Directions
From the line containing "control-IsBalanced name control_stop" down to the last line of the records below, restate each line word for word and leave out the rest.

Data excerpts

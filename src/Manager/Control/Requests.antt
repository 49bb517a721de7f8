-- ===== src/Manager/Control/Requests.antt =====
-- What Start, Stop and Status of manager_windows.go tell, and that they close what they open.
use winsvr.Base.{ℕ, ◌+◌, ◌≡◌, ◌↔◌, none, arith, List, Bool, true, false, refl}
use winsvr.Base.Bytes.{Bytes}
use winsvr.Go.Error.{Result, ok, err}
use winsvr.Manager.Calls.{
  Call, connect, open_service, query_status, Scm, Transcript, ask, is_open, is_close, is_connect,
  is_disconnect, is_raw_open, is_raw_close, made, succeeded, start_service, control_stop,
}
use winsvr.Manager.Control.{
  make_request, opened_request, control, start, stop, query, query_opened, query_named, status,
}

-- A request that opens and closes nothing.
unfoldable is_quiet : Call → Bool
is_quiet control_stop = true
is_quiet (start_service args) = true
is_quiet _ = false

module _ (scm : Scm) where
  -- As many handles closed as opened.
  abbrev pub IsBalanced : Transcript → Transcript → Type 0
  IsBalanced s s' =
      (made is_close s'.calls + succeeded is_open s.calls
        ≡ made is_close s.calls + succeeded is_open s'.calls)
      × (made is_disconnect s'.calls + succeeded is_connect s.calls
          ≡ made is_disconnect s.calls + succeeded is_connect s'.calls)
      × (made is_raw_close s'.calls + succeeded is_raw_open s.calls
          ≡ made is_raw_close s.calls + succeeded is_raw_open s'.calls)

  -- Connecting, opening the service, and the request, one after another, are all granted.
  abbrev pub IsGranted : Bytes → Call → ℕ → Type 0
  IsGranted name fn t =
      (scm.answer t connect ≡ none)
      × (scm.answer (t + 1) (open_service name) ≡ none)
      × (scm.answer (t + 1 + 1) fn ≡ none)

  control-IsBalanced :
      (name : Bytes) (fn : Call) (s : Transcript)
      → is_quiet fn ≡ true
      → IsBalanced s (control scm name fn s).1
  unfolding control opened_request make_request ask is_quiet
  control-IsBalanced name fn s quiet =
      (ground (arith, quiet), ground (arith, quiet), ground (arith, quiet))

  status-IsBalanced : (name : Bytes) (s : Transcript) → IsBalanced s (status scm name s).1
  unfolding status query_named query_opened query ask
  status-IsBalanced name s = (ground arith, ground arith, ground arith)

  control-none :
      (name : Bytes) (fn : Call) (s : Transcript)
      → ((control scm name fn s).0 ≡ none) ↔ IsGranted name fn s.tick
  unfolding control opened_request make_request ask
  control-none name fn s = (
    λ h. (ground (arith, h), ground (arith, h), ground (arith, h)),
    λ g. ground (arith, g.0, g.1, g.2),
  )

  -- A state is that of a query which was granted.
  abbrev pub IsTold : ℕ → Result ℕ → Type 0
  IsTold t (ok state) = (scm.answer t query_status ≡ none) × (state ≡ scm.state t)
  IsTold t (err e) = Unit

  status-IsTold : (name : Bytes) (s : Transcript) → IsTold (s.tick + 1 + 1) (status scm name s).0
  unfolding status query_named query_opened query ask
  status-IsTold name s = go (status scm name s).0 refl
    where
      go : (r : Result ℕ) → (status scm name s).0 ≡ r → IsTold (s.tick + 1 + 1) r
      go (ok state) h = (ground (arith, h), ground (arith, h))
      go (err e) h = tt

  -- Start and Stop return no error exactly if connecting, opening the service and the request itself
  -- are all granted. A state that Status returns is the one of a query that was granted. All three
  -- close every handle that they open, on every path.
  pub requests_exact :
      (name : Bytes) (args : List Bytes) (s : Transcript)
      → (((start scm name args s).0 ≡ none) ↔ IsGranted name (start_service args) s.tick)
        × (((stop scm name s).0 ≡ none) ↔ IsGranted name control_stop s.tick)
        × IsTold (s.tick + 1 + 1) (status scm name s).0
        × IsBalanced s (start scm name args s).1
        × IsBalanced s (stop scm name s).1
        × IsBalanced s (status scm name s).1
  unfolding is_quiet
  requests_exact name args s = (
    control-none name (start_service args) s,
    control-none name control_stop s,
    status-IsTold name s,
    control-IsBalanced name (start_service args) s refl,
    control-IsBalanced name control_stop s refl,
    status-IsBalanced name s,
  )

Response to the exercise
    control-IsBalanced name control_stop s refl,
    status-IsBalanced name s,
  )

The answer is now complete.